La rara e preziosa pietra blu era estratta dalle cave di Sar–e–Sang, tra le montagne del Badakhshan (odierno Afghanistan), l’unico giacimento noto nell’antichità, visitato anche da M arco Polo nel XIII secolo.
L’idea di dedicare una mostra a questa pietra, carica di magici significati, è stata offerta da Gian Carlo Parodi, mineralogista del Museum National d’Histoire Naturelle di Parigi. Si tratta quindi di una mostra mirata non solo all’approfondimento degli squisiti manufatti artistici ma rivolta anche – e non in misura minore – all’aspetto più prettamente mineralogico, argomenti che si integrano, consentendo approcci singolari e non usuali per la storia dell’arte. IlMuseo di Storia Naturale dell’Università di Firenze, diretto da Giovanni Pratesi, ha avuto un ruolo di primo piano nell’elaborazione del progetto e una sezione della mostra, dedicata alla pietra e ad aspetti di ricerca scientifica, è stata allestita al Museo della Specola.
Nel Museo degli Argenti la mostra si articola in quattro sezioni. La prima sezione Dal la Natura all’Artificio presenta una selezione di campioni di lapislazzuli di varia formazione e provenienza a diretto confronto con i massimi raggiungimenti nell’utilizzo del lapislazzuli in vasi e coppe, fiasche e mesciroba provenienti dai più prestigiosi musei d’Europa, quali il Museo del Prado di Madrid, l’Ashmolean Museum di Oxford, il Grünes Gewölbe di Dresda, il Landesmuseum Württemberg di Stoccarda. Vanto delle botteghe di intagliatori milanesi, l’arte di intagliare questa pietra fu introdotta a Firenze nel 1572 da Francesco I, che fece venire da Milano i fratelli Gian Ambrogio e Gian Stefano Caroni; sede dei laboratori granducali e nucleo delle botteghe di corte fu il Casino di San Marco, “ove in guisa di piccolo arsenale in diverse stanze ha diversi maestri che lavorano diverse cose e quivi tiene i suoi lambicchi, e ogni suo artifizio” , come scrive l’ambasciatore venezian o Andrea Gussoni nel 1576.
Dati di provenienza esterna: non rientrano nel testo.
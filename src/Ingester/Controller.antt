-- ===== src/Ingester/Controller.antt =====
-- ingester/controller.js: the staff actions that cancel, reset or retry a row of the ingest queue. The
-- id of a request is what parseInt gives, none where it gives no number above zero.
pub mod Cancels
pub mod Retries
mod Tests
use text.Mathlib.Text.{starts_with}
use repo_backend_v.Base.{
  ℕ, ◌+◌, String, Bool, true, false, not, ◌||◌, Option, none, some, List, [], ◌∷◌, if◌then◌else◌,
  ◌==◌, string_eq, contains, any, length,
}
use repo_backend_v.Ingester.States.{available_actions, offers, cancellable_states}
use repo_backend_v.Ingester.Queue.Store.{
  Row, Db, Result, Error, validation, not_found, forbidden, object, M, pure, throw, continue, ◌>>=◌,
}
use repo_backend_v.Ingester.Queue.Update.{Patch, to_status, Opts, Updated, update_queue}
use repo_backend_v.Ingester.Queue.Select.{by_id, get_queue_row, Filters, no_filters, list_queue}
use repo_backend_v.Ingester.Queue.Cancel.{Cancelled, already_terminal, done, cancel}
use repo_backend_v.Ingester.Worker.{Worker, cancel_row as abort_row}

abbrev pub found_row : ℕ → Option Row → M Row
found_row id none db = throw (not_found id) db
found_row id (some row) db = pure row db

-- The first lines of every handler.
unfoldable pub require_row : Option ℕ → M Row
require_row none db = throw (validation "id must be a positive integer") db
require_row (some id) db = found_row id (get_queue_row (by_id id) db) db

abbrev pub staff_opts : String → String → Row → Opts
staff_opts actor action row = record {
  actor = actor;
  event_type = "staff_action";
  payload = some (object (("action", action) ∷ ("from", row.pipeline_state) ∷ []));
}

-- A row action that the dashboard offers for the row's state, as one update.
unfoldable pub act : String → Patch → String → Row → M Updated
act action data' actor row =
    if offers (available_actions row.pipeline_state none) action
    then update_queue (by_id row.id) data' (staff_opts actor action row)
    else throw (forbidden row.pipeline_state)

unfoldable pub reset_row : String → Option ℕ → M Updated
unfolding act require_row
reset_row actor id = require_row id >>= act "reset" (to_status "PENDING") actor

abbrev pub retry_patch : Patch
retry_patch = record (to_status "WAITING_FOR_DURACLOUD") {
  error = some none;
  last_poll_at = some none;
}

unfoldable pub retry_access_copy : String → Option ℕ → M Updated
unfolding act require_row
retry_access_copy actor id = require_row id >>= act "retry_access_copy" retry_patch actor

pub data CancelReply : Type 0 where
  conflict : (current_state : String) → CancelReply
  cancelled : (affected : ℕ) (was_running : Bool) (prev_state : String) → CancelReply

abbrev pub reply : Bool → Cancelled → CancelReply
reply was_running (already_terminal state) = conflict state
reply was_running (done affected prev_state) = cancelled affected was_running prev_state

-- The worker that the process runs, if any.
abbrev pub signal : Option Worker → ℕ → Bool
signal none id = false
signal (some w) id = abort_row id w

-- The handler has read the row when `cancel` reads it once more: `between` is what others write to the
-- database meanwhile.
abbrev pub cancel_found_row : Option Worker → (Db → Db) → String → String → Row → M CancelReply
cancel_found_row worker between actor reason row db =
    (cancel row.id actor reason >>= λ c. pure (reply (signal worker row.id) c)) (between db)

unfoldable pub cancel_live : Option Worker → (Db → Db) → String → String → Row → M CancelReply
cancel_live worker between actor reason row =
    if contains cancellable_states row.pipeline_state
    then cancel_found_row worker between actor reason row
    else throw (forbidden row.pipeline_state)

unfoldable pub cancel_row : Option Worker → (Db → Db) → String → String → Option ℕ → M CancelReply
unfolding cancel_live require_row
cancel_row worker between actor reason id =
    require_row id >>= cancel_live worker between actor reason

pub record Summary : Type 0 where
  pub total_open : ℕ
  pub cancelled : ℕ
  pub was_running : ℕ
  pub already_halted : ℕ
  pub skipped_other : ℕ

abbrev one_if : Bool → ℕ
one_if true = 1
one_if false = 0

abbrev pub is_rolled_back_by : String → Bool
is_rolled_back_by action = starts_with "rollback" action || action == "reset"

abbrev pub skip_row : Row → Summary → Summary
skip_row row s =
    if any is_rolled_back_by (available_actions row.pipeline_state none)
    then record s { already_halted = s.already_halted + 1 }
    else record s { skipped_other = s.skipped_other + 1 }

abbrev pub tally : Bool → Cancelled → Summary → Summary
tally running (already_terminal state) s = record s {
  was_running = s.was_running + one_if running;
  skipped_other = s.skipped_other + 1;
}
tally running (done affected prev_state) s = record s {
  was_running = s.was_running + one_if running;
  cancelled = s.cancelled + 1;
}

-- The loop over the open rows of the batch.
unfoldable pub cancel_each : Option Worker → String → String → List Row → Summary → M Summary
cancel_each worker actor reason [] s db = pure s db
cancel_each worker actor reason (row ∷ rows) s db =
    let passed_over = cancel_each worker actor reason rows (skip_row row s) db in
    let cancelled_too =
      continue (λ c. cancel_each worker actor reason rows (tally (signal worker row.id) c s))
        (cancel row.id actor reason db) in
    if contains cancellable_states row.pipeline_state then cancelled_too else passed_over

abbrev pub open_of : String → Filters
open_of batch = record no_filters { batch = some batch; is_complete = some false }

unfoldable pub cancel_batch : Option Worker → String → String → Option ℕ → M Summary
unfolding cancel_each require_row
cancel_batch worker actor reason id = require_row id >>= λ anchor db.
    let rows = list_queue (open_of anchor.batch) 1000 db in
    cancel_each worker actor reason rows
      (record {
        total_open = length rows;
        cancelled = 0;
        was_running = 0;
        already_halted = 0;
        skipped_other = 0;
      })
      db
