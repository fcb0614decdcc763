-- ===== src/Ingester/Queue/Outcome.antt =====
-- What one call of `update_queue` can do to the database: nothing, or the whole update.
use repo_backend_v.Base.{
  String, Bool, ◌≡◌, refl, ◌⊎◌, ◌∙◌, inl, inr, Option, none, some, List, [], ◌∷◌, filter,
  Bool-cases, if◌then◌else◌,
}
use repo_backend_v.Ingester.Queue.Store.{
  Row, Db, Error, Result, ok, err, commit, run_with, handle, throw,
}
use repo_backend_v.Ingester.Queue.Update.{
  Patch, Opts, Updated, apply_update, write_found, update_queue_txn, is_concurrent_modification,
  update_queue,
}

-- Only the list of coming faults differs.
pub record Unchanged (db db' : Db) : Type 0 where
  pub rows : db'.rows ≡ db.rows
  pub events : db'.events ≡ db.events
  pub next_id : db'.next_id ≡ db.next_id
  pub now : db'.now ≡ db.now

-- The rows that pass are written, and their transitions are logged.
pub record Wrote (where' : Row → Bool) (data' : Patch) (opts : Opts) (db db' : Db) : Type 0 where
  pub rows : db'.rows ≡ (apply_update where' data' opts db).rows
  pub events : db'.events ≡ (apply_update where' data' opts db).events
  pub next_id : db'.next_id ≡ db.next_id
  pub now : db'.now ≡ db.now

module _ (where' : Row → Bool) (data' : Patch) (opts : Opts) where
  abbrev Outcome : Db → Db → Type 0
  Outcome db db' = Unchanged db db' ⊎ Wrote where' data' opts db db'

  write_found-Outcome :
      (found : List Row) (db : Db) → Outcome db (write_found found where' data' opts db).1
  unfolding write_found
  write_found-Outcome [] db =
      inl (record { rows = refl; events = refl; next_id = refl; now = refl })
  write_found-Outcome (r ∷ rs) db = inr (record {
    rows = refl;
    events = refl;
    next_id = unfold apply_update in refl;
    now = unfold apply_update in refl;
  })

  -- The body of the transaction throws nothing, so nothing is rolled back.
  pub commit-write_found :
      (found : List Row) (start db : Db)
      → commit start (write_found found where' data' opts db)
        ≡ write_found found where' data' opts db
  unfolding write_found
  commit-write_found [] start db = refl
  commit-write_found (r ∷ rs) start db = refl

  -- The clock, the rows and the log do not depend on the coming faults.
  Outcome-faults :
      (db : Db) (later : List (Option String)) (db' : Db)
      → Outcome (record db { faults = later }) db'
      → Outcome db db'
  unfolding apply_update
  Outcome-faults db later db' (inl u) =
      inl (record { rows = u.rows; events = u.events; next_id = u.next_id; now = u.now })
  Outcome-faults db later db' (inr w) =
      inr (record { rows = w.rows; events = w.events; next_id = w.next_id; now = w.now })

  run-Outcome :
      (faults : List (Option String)) (db : Db)
      → Outcome db
          (run_with faults (λ db'. write_found (filter where' db'.rows) where' data' opts db') db).1
  run-Outcome [] db =
      rw (commit-write_found (filter where' db.rows) db db)
        (write_found-Outcome (filter where' db.rows) db)
  run-Outcome (none ∷ later) db =
      let start : Db = record db { faults = later } in
      rw (commit-write_found (filter where' db.rows) start start)
        (Outcome-faults db later _ (write_found-Outcome (filter where' db.rows) start))
  run-Outcome (some message ∷ later) db =
      inl (record { rows = refl; events = refl; next_id = refl; now = refl })

  write_found-ne-err :
      (found : List Row) (db : Db) {e : Error}
      → (write_found found where' data' opts db).0 ≡ err e
      → ⊥
  unfolding write_found
  write_found-ne-err [] db h = cc
  write_found-ne-err (r ∷ rs) db h = cc

  txn-Outcome : (db : Db) → Outcome db (update_queue_txn where' data' opts db).1
  unfolding update_queue_txn
  txn-Outcome db = run-Outcome db.faults db

  -- A transaction that fails writes nothing.
  pub txn_err :
      (db : Db) {e : Error}
      → (update_queue_txn where' data' opts db).0 ≡ err e
      → Unchanged db (update_queue_txn where' data' opts db).1
  unfolding update_queue_txn
  txn_err db h = go db.faults db h
    where
      go :
          (faults : List (Option String)) (db : Db) {e : Error}
          → (run_with faults
              (λ db'. write_found (filter where' db'.rows) where' data' opts db')
              db).0
            ≡ err e
          → Unchanged db
              (run_with faults
                (λ db'. write_found (filter where' db'.rows) where' data' opts db')
                db).1
      go [] db h = absurd (
          write_found-ne-err (filter where' db.rows) db
            (rw (commit-write_found (filter where' db.rows) db db) at h))
      go (none ∷ later) db h =
          let start : Db = record db { faults = later } in
          absurd (
            write_found-ne-err (filter where' db.rows) start
              (rw (commit-write_found (filter where' db.rows) start start) at h))
      go (some message ∷ later) db h = record {
        rows = refl;
        events = refl;
        next_id = refl;
        now = refl;
      }

  Unchanged-then : {db db' db'' : Db} → Unchanged db db' → Outcome db' db'' → Outcome db db''
  unfolding apply_update
  Unchanged-then u (inl v) = inl (record {
    rows = v.rows ∙ u.rows;
    events = v.events ∙ u.events;
    next_id = v.next_id ∙ u.next_id;
    now = v.now ∙ u.now;
  })
  Unchanged-then u (inr w) =
      inr (record { rows = cc; events = cc; next_id = w.next_id ∙ u.next_id; now = w.now ∙ u.now })

  -- The attempt that the handler is given: its own outcome, or after an error no change.
  attempt :
      (db : Db) (x : Result Updated × Db)
      → update_queue_txn where' data' opts db ≡ x
      → Outcome db
          (handle
            (λ e.
              if is_concurrent_modification e then update_queue_txn where' data' opts else throw e)
            x).1
  attempt db (ok a, db') e =
      let same : (update_queue_txn where' data' opts db).1 ≡ db' = λ i. (e i).1 in
      rw same at (txn-Outcome db)
  attempt db (err f, db') e =
      let failed : (update_queue_txn where' data' opts db).0 ≡ err f = λ i. (e i).0 in
      let same : (update_queue_txn where' data' opts db).1 ≡ db' = λ i. (e i).1 in
      let u : Unchanged db db' = rw same at (txn_err db failed) in
      elim (Bool-cases (is_concurrent_modification f)) [
        | inl again ↦ rw again (Unchanged-then u (txn-Outcome db'))
        | inr other ↦ rw other (inl u)
      ]

  -- One call of `update_queue`, its retry included, writes everything once or nothing.
  pub update_queue-Outcome : (db : Db) → Outcome db (update_queue where' data' opts db).1
  unfolding update_queue
  update_queue-Outcome db = attempt db (update_queue_txn where' data' opts db) refl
La seconda sezione Commesso in pietre dure e pietre dipinte racconta l’evoluzione dell’utilizzo del lapislazzuli nel primo Seicento in due ambiti, quello del commesso e quello della pittura su lapislazzuli, animati dallo stesso desiderio di rendere eterna e fissare la natura nei colori immutabili della pietra.
La terza sezione La pietra blu nel fasto principesco mostra come, nel momento in cui il lapislazzuli diventa sempre più raro, la pietra viene destinata quasi esclusivamente a oggetti profani e suppellettili sacre di grandissimo pregio artistico e di elevatissima committenza.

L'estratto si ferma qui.